14 Comments

ActiveRecord Black Magic

There’s been a lot of buzz around the Rails world about the new ActiveRecord query interface, since the 3.0 release. It’s a fairly awesome tool, and I’ve been excited about how it lets you compose pieces of queries, which can help make code more DRY. However, it isn’t always clear how to get ActiveRecord and Arel to generate the correct SQL for the more difficult cases.

Here’s a case I ran into lately and how I solved it.  

The Initial Solution

Suppose that your software product is sold to companies, and each company’s administrator can manage employees who work for any of his companies. To get all the employees a given user can access, you might:

Employee.joins(:companies).
  where("companies.id IN (?)", user.company_ids)
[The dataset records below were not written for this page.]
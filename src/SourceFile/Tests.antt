-- ===== src/SourceFile/Tests.antt =====
-- A source with one include, older than its dependency file.
use arduino_cli_android.Prelude.{
  Bool, true, false, Option, none, some, ◌==◌, list_eq, nat_eq, if◌then◌else◌, ◌≡◌, refl, list_beq,
}
use arduino_cli_android.Strings.{
  Text, codes, is_space, trim_space, trim_left, trim_right, has_suffix, trim_suffix, has_prefix,
}
use arduino_cli_android.Cpp.DepFile.{
  read_dep_file, unescape_and_split, scan, step, step_pending, step_plain, write, finish,
  drop_empty, from_rows,
}
use arduino_cli_android.SourceFile.{
  SourceFile, Stat, found, missing, reuse, obj_file_is_up_to_date, check_paths, check_stat,
  check_depfile, check_read, check_source, check_deps,
}
use arduino_cli_android.SourceFile.Laws.{IsFresh, obj_file_is_up_to_date-IsFresh}

abbrev same_path : Option Text → Option Text → Bool
same_path none none = true
same_path (some a) (some b) = a == b
same_path _ _ = false

abbrev sketch : SourceFile
sketch = record {
  source_path = codes "a.cpp";
  depfile_path = some (codes "a.d");
  extra_include_path = none;
}

abbrev clean : Text → Text
clean path = path

abbrev stat : Text → Stat
stat path =
    if path == codes "a.d" then found 9 else if path == codes "b.h" then missing else found 6

abbrev read_file : Text → Option Text
read_file path = some (codes "a.o: a.cpp a.h")

up_to_date : obj_file_is_up_to_date clean stat read_file sketch ≡ reuse
unfolding obj_file_is_up_to_date check_paths check_stat list_beq check_depfile check_read
    read_dep_file unescape_and_split scan step step_pending step_plain is_space write finish
    from_rows drop_empty trim_space trim_left trim_right has_suffix has_prefix trim_suffix
    check_source check_deps
up_to_date = refl

obj_file_is_up_to_date-IsFresh_example :
    IsFresh clean stat read_file (codes "a.cpp") (some (codes "a.d"))
obj_file_is_up_to_date-IsFresh_example =
    obj_file_is_up_to_date-IsFresh clean stat read_file sketch up_to_date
This will, unfortunately, give you duplicate employees when an employee works for more than one matching company, so (following the example in the Rails documentation) you might write:

Employee.joins(:companies).
  where("companies.id IN (?)", user.company_ids).
  select("DISTINCT(employees.id)")

This is closer, but the Employee objects you get back will not be very useful — they only have one column! Try this instead:

Employee.joins(:companies).
  where("companies.id IN (?)", user.company_ids).
  select("DISTINCT(employees.id), employees.*")

Success! Now go and make a method for that so you can write something like EmployeeFinder.accessible_by(user). You can then use this encapsulated query all over your application to get that data, and if your business rules change, you’ll only have one place to make the update.

class EmployeeFinder
  def self.accessible_by(user)
    Employee.joins(:companies).
      where("companies.id IN (?)", user.company_ids).
      select("DISTINCT(employees.id), employees.*")
  end
end

The Exception

However, there is still one case where this will fall down: it’s not a composable query. Suppose your employees can upload their TPS reports, and that these files are stored in the uploaded_files table. If you wanted to get all the files uploaded by a given user’s employees, you might try to write something like this:

UploadedFile.where(uploaded_by: EmployeeFinder.accessible_by(user))

It looks like it should work, but it’ll blow up with the error: "Mysql2::Error:
Operand should contain 1 column(s)"
What this cryptic error is really saying is
that ActiveRecord is trying to generate a subselect query that looks something like:

SELECT * FROM uploaded_files WHERE uploaded_by_id IN (
  SELECT DISTINCT(employees.id), employees.* FROM employees
    JOIN companies_employees ON employees.id=companies_employees.employee_id
    JOIN companies ON companies_employees.company_id=companies.id
    WHERE companies.id IN (1, 2, 3)
);

The problem is that the "WHERE uploaded_by_id IN (...)" clause expects the
subquery to return one column only (the list of ids.) I’ve tried the below
approach, which seems like the logical way to overwrite it:

UploadedFile.where(uploaded_by: EmployeeFinder.accessible_by(user).
  select(:id))

This doesn’t work because ActiveRecord is just going to aggregate the select and add it on – not replace it. I’ve discovered that we can rewrite the select clause portion of the statement using Arel’s API:

employees = EmployeeFinder.accessible_by(user)
employees.projections = [Arel::Nodes::SqlLiteral.new("employees.id")]
UploadedFile.where(uploaded_by: employees)

This will help Arel produce a valid query that returns the information you’re interested in and without duplicating logic anywhere: your authorization logic is tightly wrapped up only in the EmployeeFinder.

It’s almost certainly possible to use PredicateBuilder or update the where clauses directly (see some of the code here), but I feel like if you’re going to take this approach the code above is minimally invasive.

The Caveats

The advantage of the above approach is this: You can find the records you are interested in with one single query to the database without error-prone duplicated logic. But there are other ways to do this:

  • You could duplicate the employee finder logic and write it up as an explicit join.
  • You could just run two queries.

Depending on your database and your measured performance characteristics (take into account this
experience
and the optimizations available to your DBMS), one of those might make more sense for you. Regardless, it’s one more tool for you to have in your toolbox.

Has anyone else out there run into this problem? I’m curious if people have solved this differently than I have.